Production facility fabrication exists at the shipyard in Setúbal. In short, the petroleum geology, infrastructure, and regulatory climate of the Lusitanian basin combine to make it a uniquely attractive opportunity in today's exploration and production environment.
References
- Gabinete Para a Pesquisa e Exploração (GPEP), "The Petroleum Potential of Portugal," Comissão Reguladora Dos Produtos Quimicos e Farmacêuticos, Portugal, 1993.
- Archives, Instituto Geologico e Mineiro (IGM), Lisbon.
- "BP sees gas consumption doubling in Spain over coming years," AFX News, story filed Aug. 27, 2002.
The authors
Thomas L. Uphoff is chief geologist for Mohave Oil & Gas Corp., which he joined in January 1997. He has over 26 years domestic and international experience, including 14 years with Sohio/BP and 6 years with BHP Petroleum (Americas) Inc. He has worked on and directed exploration projects in the US Gulf Coast, Midcontinent, and Rockies and in Europe, Canada, Latin America, and the Middle East. He received BS and MS degrees in geology from the University of Texas at El Paso.
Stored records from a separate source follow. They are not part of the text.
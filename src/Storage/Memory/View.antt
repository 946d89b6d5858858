-- ===== src/Storage/Memory/View.antt =====
-- What the shards hold for one key of one bucket, and how the operations change it.
use fast_kv_a_lightweight_ke.Base.{
  ◌≡◌, Bool, true, false, ◌&&◌, Option, none, some, is_some, ◌⊎◌, inl, inr, Option-cases, arith,
  if◌then◌else◌, Result, ok, err, key_expired, key_not_found,
}
use fast_kv_a_lightweight_ke.Base.Bytes.{Bytes, bytes_key, bytes_eq, bytes_eq_iff}
use fast_kv_a_lightweight_ke.Base.Dict.{lookup}
use fast_kv_a_lightweight_ke.Base.Nested.{
  lookup_in, ensure, lookup_in-ensure, lookup_in-insert_in, lookup_in-remove_in,
}
use fast_kv_a_lightweight_ke.Base.Words.{Int64, positive64, less64}
use fast_kv_a_lightweight_ke.Storage.Hash.{shard_index}
use fast_kv_a_lightweight_ke.Storage.Memory.{
  TtlInfo, Shards, get_shard, put_internal, erase_entry, delete_internal, check_ttl, get,
}
use fast_kv_a_lightweight_ke.Storage.Memory.Invariant.{IsWellFormed}

unfoldable pub value_at : Shards → Bytes → Bytes → Option Bytes
unfolding get_shard
value_at shards bucket key = lookup_in bucket key (get_shard shards key).buckets

unfoldable pub expiry_at : Shards → Bytes → Bytes → Option TtlInfo
unfolding get_shard
expiry_at shards bucket key = lookup_in bucket key (get_shard shards key).ttl

-- The same bucket and the same key.
abbrev pub same_entry : Bytes → Bytes → Bytes → Bytes → Bool
same_entry bucket key c j = bytes_eq bucket c && bytes_eq key j

abbrev pub is_expired : Int64 → Option TtlInfo → Bool
is_expired now none = false
is_expired now (some t) = less64 t.expiry now

-- What a read at `now` answers for a value and an expiry.
abbrev pub answer : Int64 → Option Bytes → Option TtlInfo → Result Bytes
answer now value expiry =
    if is_expired now expiry
    then err key_expired
    else elim value [ none ↦ err key_not_found | some v ↦ ok v ]

pub get-answer :
    (now : Int64) (shards : Shards) (bucket key : Bytes)
    → get now shards bucket key
      ≡ answer now (value_at shards bucket key) (expiry_at shards bucket key)
unfolding get check_ttl value_at expiry_at
get-answer now shards bucket key = ground arith

module _ (shards : Shards) (bucket key c j : Bytes) where
  pub value_at-put :
      (value : Bytes) (ttl : Int64)
      → value_at (put_internal shards bucket key value ttl) c j
        ≡ (if same_entry bucket key c j then some value else value_at shards c j)
  unfolding value_at put_internal
  value_at-put value ttl =
      let m = (get_shard shards key).buckets in
      ground (
        arith,
        bytes_eq_iff key j,
        lookup_in-insert_in bucket key c j value (ensure bucket m),
        lookup_in-ensure bucket c j m,
      )

  pub expiry_at-put :
      (value : Bytes) (ttl : Int64)
      → expiry_at (put_internal shards bucket key value ttl) c j ≡ (
          if positive64 ttl && same_entry bucket key c j
          then some (record { expiry = ttl })
          else expiry_at shards c j)
  unfolding expiry_at put_internal
  expiry_at-put value ttl =
      let m = (get_shard shards key).ttl in
      ground (
        arith,
        bytes_eq_iff key j,
        lookup_in-insert_in bucket key c j (record { expiry = ttl }) (ensure bucket m),
        lookup_in-ensure bucket c j m,
      )

  pub value_at-erase :
      value_at (erase_entry shards bucket key) c j
      ≡ (if same_entry bucket key c j then none else value_at shards c j)
  unfolding value_at erase_entry
  value_at-erase =
      ground (
        arith,
        bytes_eq_iff key j,
        lookup_in-remove_in bucket key c j (get_shard shards key).buckets,
      )

  pub expiry_at-erase :
      expiry_at (erase_entry shards bucket key) c j
      ≡ (if same_entry bucket key c j then none else expiry_at shards c j)
  unfolding expiry_at erase_entry
  expiry_at-erase =
      ground
        (arith, bytes_eq_iff key j, lookup_in-remove_in bucket key c j (get_shard shards key).ttl)

module _ (shards : Shards) (bucket key : Bytes) where
  -- A deletion of a present key erases its entry, and any other changes nothing and says so.
  pub delete_cases :
      ((value_at shards bucket key ≡ none)
        × ((delete_internal shards bucket key).0 ≡ shards)
        × (is_some (delete_internal shards bucket key).1 ≡ true))
      ⊎ ((is_some (value_at shards bucket key) ≡ true)
          × (delete_internal shards bucket key ≡ (erase_entry shards bucket key, none)))
  unfolding value_at delete_internal lookup_in
  delete_cases = elim (Option-cases (lookup bucket (get_shard shards key).buckets)) [
    | inl missing ↦ inl (ground (arith, missing))
    | inr (b, found) ↦ elim (Option-cases (lookup key b)) [
      | inl missing ↦ inl (ground (arith, found, missing))
      | inr (val, present) ↦ inr (ground (arith, found, present))
    ]
  ]

  pub expiry_needs_value :
      IsWellFormed shards → value_at shards bucket key ≡ none → expiry_at shards bucket key ≡ none
  unfolding value_at expiry_at
  expiry_needs_value wf missing = elim (Option-cases (expiry_at shards bucket key)) [
    | inl free ↦ free
    | inr (t, found) ↦ ground (arith, (wf (shard_index key)).expiry_present bucket key t found)
  ]

module _ (shards : Shards) (bucket key c j : Bytes) where
  pub value_at-delete :
      value_at (delete_internal shards bucket key).0 c j
      ≡ (if same_entry bucket key c j then none else value_at shards c j)
  value_at-delete = ground (
    arith,
    delete_cases shards bucket key,
    value_at-erase shards bucket key c j,
    bytes_eq_iff key j,
    bytes_eq_iff bucket c,
  )

  pub expiry_at-delete :
      IsWellFormed shards
      → expiry_at (delete_internal shards bucket key).0 c j
        ≡ (if same_entry bucket key c j then none else expiry_at shards c j)
  expiry_at-delete wf = ground (
    arith,
    delete_cases shards bucket key,
    expiry_at-erase shards bucket key c j,
    expiry_needs_value shards bucket key wf,
    bytes_eq_iff key j,
    bytes_eq_iff bucket c,
  )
S.K. Hogan, operations manager for Mohave, has over 25 years' experience with numerous oil companies in the Far East, Middle East, Europe, North America, Latin America, and Africa. He earned a BS degree from the US Military Academy (West Point) in 1972.
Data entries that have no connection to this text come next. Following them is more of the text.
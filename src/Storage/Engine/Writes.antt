-- ===== src/Storage/Engine/Writes.antt =====
-- One call of each method of `Storage` that writes, against a restart.
use fast_kv_a_lightweight_ke.Base.{
  ℕ, ◌≡◌, refl, none, some, arith, ◌⊎◌, inl, inr, Option-cases, Result, ok, err, write_failed,
}
use fast_kv_a_lightweight_ke.Base.Bytes.{Bytes, bytes_eq_refl}
use fast_kv_a_lightweight_ke.Base.Words.{Int64}
use fast_kv_a_lightweight_ke.Storage.Memory.{put_internal, delete_internal, get}
use fast_kv_a_lightweight_ke.Storage.Memory.View.{value_at, value_at-put}
use fast_kv_a_lightweight_ke.Storage.Wal.{LogRecord}
use fast_kv_a_lightweight_ke.Storage.Wal.RoundTrip.{IsEncodable}
use fast_kv_a_lightweight_ke.Storage.Engine.{
  Io, Storage, log_op, apply_record, put_record, del_record, put_expiring, put, delete, update,
}
use fast_kv_a_lightweight_ke.Storage.Engine.Logging.{
  Logs, restart, log_op_lem, log_op-Logs, filename-log_op,
}
use fast_kv_a_lightweight_ke.Storage.Engine.Recovery.{IsDurable, IsShort, restart_after_write}

-- Over an open log, a write that goes well has both of its effects, and answers as the memory does.
module _ (s : Storage) (logs : Logs s) (bucket key : Bytes) (io : Io)
    (whole : io.fault ≡ none) where
  pub put_expiring_logged :
      (value : Bytes) (ttl : Int64)
      → put_expiring s bucket key value ttl io ≡ (
        record (log_op s (put_record bucket key value ttl) io).0 {
          shards = put_internal s.shards bucket key value ttl;
        },
        none,
      )
  unfolding put_expiring
  put_expiring_logged value ttl =
      ground (arith, whole, log_op_lem s logs (put_record bucket key value ttl) io)

  pub delete_logged : delete s bucket key io ≡ (
    record (log_op s (del_record bucket key) io).0 {
      shards = (delete_internal s.shards bucket key).0;
    },
    (delete_internal s.shards bucket key).1,
  )
  unfolding delete
  delete_logged = ground (arith, whole, log_op_lem s logs (del_record bucket key) io)

module _ (filename : Bytes) (s : Storage) (d : IsDurable filename s) (bucket key : Bytes)
    (io : Io) where
  module _ (value : Bytes) (ttl : Int64) where
    pub put_expiring_cut :
        (n : ℕ)
        → io.fault ≡ some n
        → put_expiring s bucket key value ttl io
          ≡ ((log_op s (put_record bucket key value ttl) io).0, some write_failed)
    unfolding put_expiring
    put_expiring_cut n cut =
        ground (arith, cut, log_op_lem s d.logs (put_record bucket key value ttl) io)

    apply-put_record :
        apply_record s.shards (put_record bucket key value ttl)
        ≡ put_internal s.shards bucket key value ttl
    unfolding apply_record
    apply-put_record = refl

    pub put_expiring-restart :
        IsShort io (put_record bucket key value ttl)
        → IsEncodable (put_record bucket key value ttl)
        → (restart (put_expiring s bucket key value ttl io).0.disk filename).0.shards
          ≡ (put_expiring s bucket key value ttl io).0.shards
    put_expiring-restart short fits = elim (Option-cases io.fault) [
      | inl whole ↦ ground (
        arith,
        whole,
        put_expiring_logged s d.logs bucket key io whole value ttl,
        restart_after_write filename s d (put_record bucket key value ttl) io fits
            (put_internal s.shards bucket key value ttl) short apply-put_record,
      )
      | inr (n, cut) ↦ ground (
        arith,
        cut,
        put_expiring_cut n cut,
        log_op_lem s d.logs (put_record bucket key value ttl) io,
        restart_after_write filename s d (put_record bucket key value ttl) io fits
            (put_internal s.shards bucket key value ttl) short apply-put_record,
      )
    ]

  delete_cut :
      (n : ℕ)
      → io.fault ≡ some n
      → delete s bucket key io ≡ ((log_op s (del_record bucket key) io).0, some write_failed)
  unfolding delete
  delete_cut n cut = ground (arith, cut, log_op_lem s d.logs (del_record bucket key) io)

  apply-del_record :
      apply_record s.shards (del_record bucket key) ≡ (delete_internal s.shards bucket key).0
  unfolding apply_record
  apply-del_record = refl

  pub delete-restart :
      IsShort io (del_record bucket key)
      → IsEncodable (del_record bucket key)
      → (restart (delete s bucket key io).0.disk filename).0.shards
        ≡ (delete s bucket key io).0.shards
  delete-restart short fits = elim (Option-cases io.fault) [
    | inl whole ↦ ground (
      arith,
      whole,
      delete_logged s d.logs bucket key io whole,
      restart_after_write filename s d (del_record bucket key) io fits
          (delete_internal s.shards bucket key).0 short apply-del_record,
    )
    | inr (n, cut) ↦ ground (
      arith,
      cut,
      delete_cut n cut,
      log_op_lem s d.logs (del_record bucket key) io,
      restart_after_write filename s d (del_record bucket key) io fits
          (delete_internal s.shards bucket key).0 short apply-del_record,
    )
  ]

-- A `Put` whose write was cut short answers the error, and has touched the log alone.
pub put_cut :
    (filename : Bytes) (s : Storage) (d : IsDurable filename s) (bucket key value : Bytes) (io : Io)
    (n : ℕ)
    → io.fault ≡ some n
    → put s bucket key value io
      ≡ ((log_op s (put_record bucket key value 0) io).0, some write_failed)
unfolding put
put_cut filename s d bucket key value io n cut =
    put_expiring_cut filename s d bucket key io value 0 n cut

pub put_whole :
    (s : Storage) (logs : Logs s) (bucket key value : Bytes) (io : Io)
    → io.fault ≡ none
    → put s bucket key value io ≡ (
      record (log_op s (put_record bucket key value 0) io).0 {
        shards = put_internal s.shards bucket key value 0;
      },
      none,
    )
unfolding put
put_whole s logs bucket key value io whole = put_expiring_logged s logs bucket key io whole value 0

-- A `Put` whose write goes well: the answer, the memory, and the log that it goes on with.
pub put_whole_lem :
    (s : Storage) (logs : Logs s) (bucket key value : Bytes) (io : Io)
    → io.fault ≡ none
    → ((put s bucket key value io).1 ≡ none)
      × (value_at (put s bucket key value io).0.shards bucket key ≡ some value)
      × ((after : Logs (put s bucket key value io).0) × (after.log.filename ≡ logs.log.filename))
put_whole_lem s logs bucket key value io whole =
    let r : LogRecord = put_record bucket key value 0 in
    let after : Logs (log_op s r io).0 = log_op-Logs s logs r io in
    rw (put_whole s logs bucket key value io whole) (
      refl,
      ground (
        arith,
        value_at-put s.shards bucket key bucket key value 0,
        bytes_eq_refl bucket,
        bytes_eq_refl key,
      ),
      (
        record { log = after.log; uses = after.uses; opened = after.opened },
        filename-log_op s logs r io,
      ),
    )

pub update_cases :
    (now : Int64) (s : Storage) (bucket key value : Bytes) (io : Io)
    → (update now s bucket key value io ≡ put s bucket key value io)
      ⊎ ((update now s bucket key value io).0 ≡ s)
unfolding update
update_cases now s bucket key value io = go (get now s.shards bucket key) refl
  where
    go :
        (found : Result Bytes)
        → get now s.shards bucket key ≡ found
        → (update now s bucket key value io ≡ put s bucket key value io)
          ⊎ ((update now s bucket key value io).0 ≡ s)
    go (ok old) e = inl (ground (arith, e))
    go (err x) e = inr (ground (arith, e))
Michael J. Stearns is vice-president-exploration for Mohave. In 1970-90, he worked at various exploration line and staff positions for Texaco, Tenneco, and Valero Production Co., focusing on the US Gulf Coast, East Coast, Rockies, and Michigan basin. In 1990, he and two associates founded Trexpro Inc. to provide exploration services to industry clients in the US and Canada. He joined Mohave in October 1993. He holds a BS in geology/geophysics from Indiana University and MBA from the University of Houston.
Patric H. Monteleone is chairman and president of Mohave, which he founded in August 1993. He has worked as an explorationist and in exploration management for British Petroleum, Sohio, Occidental, Tenneco, and Heritage Exploration and Production Co. He has extensive exploration experience on the Alaska North Slope, US Gulf Coast, Europe, and in Latin America. He received a BS in geology from Northern Arizona University and PhD in geology from Leicester University, England.
David P. Stemler is chief geophysicist for Mohave. He has worked as an interpretation geophysicist for over 25 years in domestic and international exploration and production. Before joining Mohave in June 2001 he worked for Amoco in 1977-80, Conoco 1980-99, and consulted 1999-2001. He also has extensive 2D and 3D geophysical operations experience in the Americas, Southeast Asia, Africa, the North Sea, and the Middle East.